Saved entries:
::::
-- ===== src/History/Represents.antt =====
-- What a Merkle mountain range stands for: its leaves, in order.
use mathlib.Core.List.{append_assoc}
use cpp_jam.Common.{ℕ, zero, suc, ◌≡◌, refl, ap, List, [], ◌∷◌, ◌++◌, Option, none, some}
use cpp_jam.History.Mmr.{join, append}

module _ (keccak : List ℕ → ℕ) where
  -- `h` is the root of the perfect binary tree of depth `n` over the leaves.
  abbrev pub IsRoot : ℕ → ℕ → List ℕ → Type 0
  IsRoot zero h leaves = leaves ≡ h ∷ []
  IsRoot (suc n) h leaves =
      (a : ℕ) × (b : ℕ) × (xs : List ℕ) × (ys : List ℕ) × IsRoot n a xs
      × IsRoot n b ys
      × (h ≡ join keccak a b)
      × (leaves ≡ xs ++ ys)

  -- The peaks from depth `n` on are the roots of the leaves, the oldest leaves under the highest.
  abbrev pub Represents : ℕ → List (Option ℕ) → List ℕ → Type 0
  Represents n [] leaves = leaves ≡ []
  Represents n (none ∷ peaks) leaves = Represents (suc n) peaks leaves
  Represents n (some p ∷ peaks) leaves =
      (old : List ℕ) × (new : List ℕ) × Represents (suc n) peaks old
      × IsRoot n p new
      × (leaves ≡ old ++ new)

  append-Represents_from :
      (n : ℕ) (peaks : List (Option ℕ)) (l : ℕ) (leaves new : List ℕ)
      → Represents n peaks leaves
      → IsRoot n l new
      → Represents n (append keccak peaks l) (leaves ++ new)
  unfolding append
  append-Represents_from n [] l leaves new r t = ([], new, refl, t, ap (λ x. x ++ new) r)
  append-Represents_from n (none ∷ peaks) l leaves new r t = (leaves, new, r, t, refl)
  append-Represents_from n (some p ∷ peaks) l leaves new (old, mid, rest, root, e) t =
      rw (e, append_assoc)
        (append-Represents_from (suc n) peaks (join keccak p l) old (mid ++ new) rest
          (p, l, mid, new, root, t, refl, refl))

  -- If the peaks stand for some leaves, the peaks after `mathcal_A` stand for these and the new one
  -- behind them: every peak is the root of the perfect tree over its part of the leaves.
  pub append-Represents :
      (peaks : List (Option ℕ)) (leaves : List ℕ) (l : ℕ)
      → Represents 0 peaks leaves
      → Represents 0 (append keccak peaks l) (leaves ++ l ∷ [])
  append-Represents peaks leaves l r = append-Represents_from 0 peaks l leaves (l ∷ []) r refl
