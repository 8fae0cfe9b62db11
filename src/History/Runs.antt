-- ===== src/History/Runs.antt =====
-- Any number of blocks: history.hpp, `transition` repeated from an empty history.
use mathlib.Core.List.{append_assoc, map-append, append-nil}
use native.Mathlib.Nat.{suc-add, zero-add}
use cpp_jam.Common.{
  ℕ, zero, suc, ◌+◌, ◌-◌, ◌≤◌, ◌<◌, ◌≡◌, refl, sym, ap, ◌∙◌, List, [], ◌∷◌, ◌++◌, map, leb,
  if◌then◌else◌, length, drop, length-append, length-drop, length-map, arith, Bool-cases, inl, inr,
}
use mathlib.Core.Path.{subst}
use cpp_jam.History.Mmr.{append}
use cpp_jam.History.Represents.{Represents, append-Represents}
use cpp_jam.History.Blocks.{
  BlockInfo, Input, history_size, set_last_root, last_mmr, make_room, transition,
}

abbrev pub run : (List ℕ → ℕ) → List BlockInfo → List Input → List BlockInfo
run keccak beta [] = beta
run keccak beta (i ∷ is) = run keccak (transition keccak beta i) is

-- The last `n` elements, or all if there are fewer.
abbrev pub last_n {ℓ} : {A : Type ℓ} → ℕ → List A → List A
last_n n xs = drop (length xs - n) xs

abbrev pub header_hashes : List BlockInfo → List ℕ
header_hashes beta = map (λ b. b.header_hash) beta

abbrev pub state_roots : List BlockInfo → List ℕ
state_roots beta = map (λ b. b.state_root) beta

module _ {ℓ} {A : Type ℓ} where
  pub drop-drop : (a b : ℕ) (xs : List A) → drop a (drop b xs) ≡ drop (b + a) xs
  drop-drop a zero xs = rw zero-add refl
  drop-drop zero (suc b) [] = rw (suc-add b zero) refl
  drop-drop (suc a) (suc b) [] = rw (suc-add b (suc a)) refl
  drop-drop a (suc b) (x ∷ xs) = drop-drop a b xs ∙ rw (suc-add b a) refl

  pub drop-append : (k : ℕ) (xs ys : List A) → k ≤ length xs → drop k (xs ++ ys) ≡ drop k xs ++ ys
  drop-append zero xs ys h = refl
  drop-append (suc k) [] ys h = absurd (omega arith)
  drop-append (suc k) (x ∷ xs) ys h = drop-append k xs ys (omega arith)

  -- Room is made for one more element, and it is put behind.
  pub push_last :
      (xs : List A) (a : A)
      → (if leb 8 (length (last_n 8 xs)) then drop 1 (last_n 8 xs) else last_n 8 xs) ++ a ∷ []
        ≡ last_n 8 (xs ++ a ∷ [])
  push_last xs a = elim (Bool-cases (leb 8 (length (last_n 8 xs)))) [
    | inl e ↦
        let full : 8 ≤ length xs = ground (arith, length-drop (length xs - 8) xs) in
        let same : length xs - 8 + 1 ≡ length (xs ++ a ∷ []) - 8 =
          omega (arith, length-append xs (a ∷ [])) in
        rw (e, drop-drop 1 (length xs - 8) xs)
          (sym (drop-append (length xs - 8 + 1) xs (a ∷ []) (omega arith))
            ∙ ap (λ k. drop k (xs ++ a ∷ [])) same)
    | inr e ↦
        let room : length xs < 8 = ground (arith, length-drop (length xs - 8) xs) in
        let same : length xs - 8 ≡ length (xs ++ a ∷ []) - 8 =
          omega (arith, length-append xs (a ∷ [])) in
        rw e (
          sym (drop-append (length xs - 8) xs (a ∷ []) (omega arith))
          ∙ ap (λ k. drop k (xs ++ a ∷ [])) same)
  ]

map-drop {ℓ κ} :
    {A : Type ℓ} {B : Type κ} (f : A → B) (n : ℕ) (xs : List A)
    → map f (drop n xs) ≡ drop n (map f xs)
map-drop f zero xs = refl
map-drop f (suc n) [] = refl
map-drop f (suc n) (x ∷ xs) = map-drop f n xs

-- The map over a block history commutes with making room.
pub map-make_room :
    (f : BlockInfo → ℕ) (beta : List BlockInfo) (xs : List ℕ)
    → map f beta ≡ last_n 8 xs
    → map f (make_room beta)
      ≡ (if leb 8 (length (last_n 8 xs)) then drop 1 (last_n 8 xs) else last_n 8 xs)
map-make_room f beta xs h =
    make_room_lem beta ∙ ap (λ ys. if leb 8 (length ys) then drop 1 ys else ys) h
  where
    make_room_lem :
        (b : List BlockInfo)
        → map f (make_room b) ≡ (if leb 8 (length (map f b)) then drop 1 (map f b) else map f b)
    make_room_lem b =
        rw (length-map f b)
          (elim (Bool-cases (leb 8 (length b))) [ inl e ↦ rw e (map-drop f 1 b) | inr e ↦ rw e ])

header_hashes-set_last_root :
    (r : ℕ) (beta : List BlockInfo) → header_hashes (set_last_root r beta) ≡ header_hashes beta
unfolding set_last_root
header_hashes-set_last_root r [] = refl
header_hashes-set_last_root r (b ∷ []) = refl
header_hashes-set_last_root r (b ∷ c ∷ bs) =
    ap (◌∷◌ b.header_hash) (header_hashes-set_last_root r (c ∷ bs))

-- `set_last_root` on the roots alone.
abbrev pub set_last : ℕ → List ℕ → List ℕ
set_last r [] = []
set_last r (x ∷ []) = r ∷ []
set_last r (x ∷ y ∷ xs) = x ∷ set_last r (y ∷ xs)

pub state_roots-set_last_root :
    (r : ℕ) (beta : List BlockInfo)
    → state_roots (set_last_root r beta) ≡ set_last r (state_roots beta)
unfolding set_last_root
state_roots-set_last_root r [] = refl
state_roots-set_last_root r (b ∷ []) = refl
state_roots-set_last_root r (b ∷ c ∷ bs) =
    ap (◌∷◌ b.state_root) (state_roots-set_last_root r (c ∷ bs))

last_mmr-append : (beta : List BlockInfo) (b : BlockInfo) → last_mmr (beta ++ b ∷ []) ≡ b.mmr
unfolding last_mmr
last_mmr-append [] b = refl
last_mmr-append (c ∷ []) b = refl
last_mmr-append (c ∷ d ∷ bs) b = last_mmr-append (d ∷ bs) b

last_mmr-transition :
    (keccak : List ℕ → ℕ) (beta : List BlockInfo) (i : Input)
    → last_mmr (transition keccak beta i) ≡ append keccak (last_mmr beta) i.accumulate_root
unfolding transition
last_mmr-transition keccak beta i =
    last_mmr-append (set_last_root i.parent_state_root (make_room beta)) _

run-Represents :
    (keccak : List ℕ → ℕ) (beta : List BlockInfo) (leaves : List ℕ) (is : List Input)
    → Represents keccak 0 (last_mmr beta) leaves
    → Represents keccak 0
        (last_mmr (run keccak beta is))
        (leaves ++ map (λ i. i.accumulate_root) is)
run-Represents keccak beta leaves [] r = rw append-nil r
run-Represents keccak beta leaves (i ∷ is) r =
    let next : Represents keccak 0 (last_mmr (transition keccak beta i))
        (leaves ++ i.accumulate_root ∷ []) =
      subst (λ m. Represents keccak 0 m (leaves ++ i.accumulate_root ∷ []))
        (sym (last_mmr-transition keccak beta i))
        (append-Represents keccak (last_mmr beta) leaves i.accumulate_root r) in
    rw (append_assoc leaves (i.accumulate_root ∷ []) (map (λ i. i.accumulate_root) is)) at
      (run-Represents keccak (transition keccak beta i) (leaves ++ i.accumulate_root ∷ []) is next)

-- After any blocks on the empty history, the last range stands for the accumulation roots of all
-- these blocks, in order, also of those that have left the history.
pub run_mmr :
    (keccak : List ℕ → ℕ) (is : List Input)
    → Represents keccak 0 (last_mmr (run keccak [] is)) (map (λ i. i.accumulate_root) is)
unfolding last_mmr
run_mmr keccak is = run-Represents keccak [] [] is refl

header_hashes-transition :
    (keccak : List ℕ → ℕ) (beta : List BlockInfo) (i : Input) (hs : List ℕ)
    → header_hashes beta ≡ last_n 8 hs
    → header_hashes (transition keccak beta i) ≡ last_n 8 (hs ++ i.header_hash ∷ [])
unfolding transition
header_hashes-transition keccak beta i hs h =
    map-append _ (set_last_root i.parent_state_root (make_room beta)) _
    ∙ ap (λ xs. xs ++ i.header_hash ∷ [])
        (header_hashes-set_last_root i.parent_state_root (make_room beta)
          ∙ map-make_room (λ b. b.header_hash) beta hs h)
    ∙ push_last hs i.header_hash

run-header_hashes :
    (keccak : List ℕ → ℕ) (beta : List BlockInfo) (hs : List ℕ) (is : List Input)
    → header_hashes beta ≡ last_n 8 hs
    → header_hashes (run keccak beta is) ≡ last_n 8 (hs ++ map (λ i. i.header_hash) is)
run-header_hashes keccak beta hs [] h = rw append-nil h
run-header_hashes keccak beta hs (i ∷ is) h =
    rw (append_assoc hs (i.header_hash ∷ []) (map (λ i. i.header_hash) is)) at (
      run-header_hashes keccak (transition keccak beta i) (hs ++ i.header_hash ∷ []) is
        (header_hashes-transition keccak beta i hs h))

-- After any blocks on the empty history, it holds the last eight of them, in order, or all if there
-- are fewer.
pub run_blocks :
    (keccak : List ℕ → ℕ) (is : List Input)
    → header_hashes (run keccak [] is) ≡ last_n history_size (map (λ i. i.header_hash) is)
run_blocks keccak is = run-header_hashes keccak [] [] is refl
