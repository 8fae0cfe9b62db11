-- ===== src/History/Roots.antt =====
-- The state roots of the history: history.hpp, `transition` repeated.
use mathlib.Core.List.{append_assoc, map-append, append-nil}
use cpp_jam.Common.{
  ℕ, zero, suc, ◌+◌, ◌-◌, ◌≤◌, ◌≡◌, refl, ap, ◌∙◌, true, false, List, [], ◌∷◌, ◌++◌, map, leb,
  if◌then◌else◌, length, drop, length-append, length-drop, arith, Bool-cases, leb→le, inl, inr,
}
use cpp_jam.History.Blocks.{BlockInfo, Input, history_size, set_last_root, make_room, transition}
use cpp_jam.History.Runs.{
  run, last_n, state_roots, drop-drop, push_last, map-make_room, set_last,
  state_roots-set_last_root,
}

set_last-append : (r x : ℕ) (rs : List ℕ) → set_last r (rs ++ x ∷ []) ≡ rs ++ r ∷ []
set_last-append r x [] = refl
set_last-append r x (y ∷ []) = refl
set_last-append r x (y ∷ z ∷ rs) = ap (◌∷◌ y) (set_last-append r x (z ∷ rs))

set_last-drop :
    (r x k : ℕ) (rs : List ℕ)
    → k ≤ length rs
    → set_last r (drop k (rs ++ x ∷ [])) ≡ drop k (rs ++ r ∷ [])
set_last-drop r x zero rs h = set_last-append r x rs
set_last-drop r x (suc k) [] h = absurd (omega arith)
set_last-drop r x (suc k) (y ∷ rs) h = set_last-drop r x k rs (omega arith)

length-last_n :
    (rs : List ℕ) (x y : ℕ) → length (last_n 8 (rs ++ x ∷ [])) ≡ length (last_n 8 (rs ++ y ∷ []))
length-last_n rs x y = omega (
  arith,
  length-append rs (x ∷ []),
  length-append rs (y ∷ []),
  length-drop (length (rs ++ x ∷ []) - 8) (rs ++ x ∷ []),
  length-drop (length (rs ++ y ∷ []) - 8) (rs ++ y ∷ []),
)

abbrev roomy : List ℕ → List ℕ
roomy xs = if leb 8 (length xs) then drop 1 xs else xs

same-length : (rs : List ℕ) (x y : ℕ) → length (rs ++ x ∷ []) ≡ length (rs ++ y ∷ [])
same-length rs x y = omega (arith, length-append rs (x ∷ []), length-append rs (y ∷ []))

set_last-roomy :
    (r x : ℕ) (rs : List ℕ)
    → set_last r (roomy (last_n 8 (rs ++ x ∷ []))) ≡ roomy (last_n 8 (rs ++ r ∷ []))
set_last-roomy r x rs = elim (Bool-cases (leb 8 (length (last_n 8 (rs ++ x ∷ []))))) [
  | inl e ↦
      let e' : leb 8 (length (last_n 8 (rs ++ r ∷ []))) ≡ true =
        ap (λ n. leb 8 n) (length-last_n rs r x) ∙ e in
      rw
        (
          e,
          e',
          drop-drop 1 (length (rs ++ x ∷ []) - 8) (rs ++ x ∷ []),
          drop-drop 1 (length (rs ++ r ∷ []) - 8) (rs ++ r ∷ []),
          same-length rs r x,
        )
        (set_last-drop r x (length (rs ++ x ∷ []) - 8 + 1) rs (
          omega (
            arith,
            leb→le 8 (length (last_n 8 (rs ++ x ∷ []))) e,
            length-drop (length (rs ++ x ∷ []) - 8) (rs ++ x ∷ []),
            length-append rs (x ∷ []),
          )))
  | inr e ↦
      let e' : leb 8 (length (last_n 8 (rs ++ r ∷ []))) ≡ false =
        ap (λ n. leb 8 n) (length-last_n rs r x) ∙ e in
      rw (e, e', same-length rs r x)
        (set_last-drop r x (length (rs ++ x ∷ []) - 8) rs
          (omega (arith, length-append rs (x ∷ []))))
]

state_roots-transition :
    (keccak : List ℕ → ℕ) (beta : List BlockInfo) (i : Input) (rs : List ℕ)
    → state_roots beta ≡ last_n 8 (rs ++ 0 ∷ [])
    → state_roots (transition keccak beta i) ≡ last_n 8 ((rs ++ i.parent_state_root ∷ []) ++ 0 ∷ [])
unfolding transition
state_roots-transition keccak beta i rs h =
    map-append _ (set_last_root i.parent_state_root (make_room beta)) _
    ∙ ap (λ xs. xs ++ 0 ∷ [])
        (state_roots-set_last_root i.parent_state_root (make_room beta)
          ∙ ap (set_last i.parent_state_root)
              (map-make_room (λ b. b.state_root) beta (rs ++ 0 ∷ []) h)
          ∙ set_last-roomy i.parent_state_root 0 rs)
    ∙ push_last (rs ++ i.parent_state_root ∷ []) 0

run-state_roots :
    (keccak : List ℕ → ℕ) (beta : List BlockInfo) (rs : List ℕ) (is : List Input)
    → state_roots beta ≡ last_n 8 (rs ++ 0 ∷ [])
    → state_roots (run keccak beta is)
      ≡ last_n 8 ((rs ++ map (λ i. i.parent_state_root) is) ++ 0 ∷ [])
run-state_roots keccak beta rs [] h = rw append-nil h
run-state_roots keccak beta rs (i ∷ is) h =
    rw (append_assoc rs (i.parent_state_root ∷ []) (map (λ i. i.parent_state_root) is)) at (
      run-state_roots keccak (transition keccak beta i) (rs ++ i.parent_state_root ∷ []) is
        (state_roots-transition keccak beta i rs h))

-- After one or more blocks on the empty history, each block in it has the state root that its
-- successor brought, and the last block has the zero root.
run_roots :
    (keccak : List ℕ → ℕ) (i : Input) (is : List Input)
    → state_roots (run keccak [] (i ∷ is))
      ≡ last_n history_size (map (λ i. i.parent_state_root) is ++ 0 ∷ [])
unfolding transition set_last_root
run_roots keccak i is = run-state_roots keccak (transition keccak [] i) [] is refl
::::
* **ACTIVITY**: What are the lines above, starting at the one with "is)) (map (λ i. i.accumulate_root) is)" and ending at the one with "-- ===== src/History/Roots.antt"? Give them again exactly, and only them.

* **EXERCISE RESULT**:
    → Represents keccak 0 (last_mmr (run keccak [] is)) (map (λ i. i.accumulate_root) is)
unfolding last_mmr
run_mmr keccak is = run-Represents keccak [] [] is refl

header_hashes-transition :
    (keccak : List ℕ → ℕ) (beta : List BlockInfo) (i : Input) (hs : List ℕ)
    → header_hashes beta ≡ last_n 8 hs
    → header_hashes (transition keccak beta i) ≡ last_n 8 (hs ++ i.header_hash ∷ [])
unfolding transition
header_hashes-transition keccak beta i hs h =
    map-append _ (set_last_root i.parent_state_root (make_room beta)) _
    ∙ ap (λ xs. xs ++ i.header_hash ∷ [])
        (header_hashes-set_last_root i.parent_state_root (make_room beta)
          ∙ map-make_room (λ b. b.header_hash) beta hs h)
    ∙ push_last hs i.header_hash

run-header_hashes :
    (keccak : List ℕ → ℕ) (beta : List BlockInfo) (hs : List ℕ) (is : List Input)
    → header_hashes beta ≡ last_n 8 hs
    → header_hashes (run keccak beta is) ≡ last_n 8 (hs ++ map (λ i. i.header_hash) is)
run-header_hashes keccak beta hs [] h = rw append-nil h
run-header_hashes keccak beta hs (i ∷ is) h =
    rw (append_assoc hs (i.header_hash ∷ []) (map (λ i. i.header_hash) is)) at (
      run-header_hashes keccak (transition keccak beta i) (hs ++ i.header_hash ∷ []) is
        (header_hashes-transition keccak beta i hs h))

-- After any blocks on the empty history, it holds the last eight of them, in order, or all if there
-- are fewer.
pub run_blocks :
    (keccak : List ℕ → ℕ) (is : List Input)
    → header_hashes (run keccak [] is) ≡ last_n history_size (map (λ i. i.header_hash) is)
run_blocks keccak is = run-header_hashes keccak [] [] is refl
repository 8fae0cfe9b62db11
-- ===== src/History/Roots.antt =====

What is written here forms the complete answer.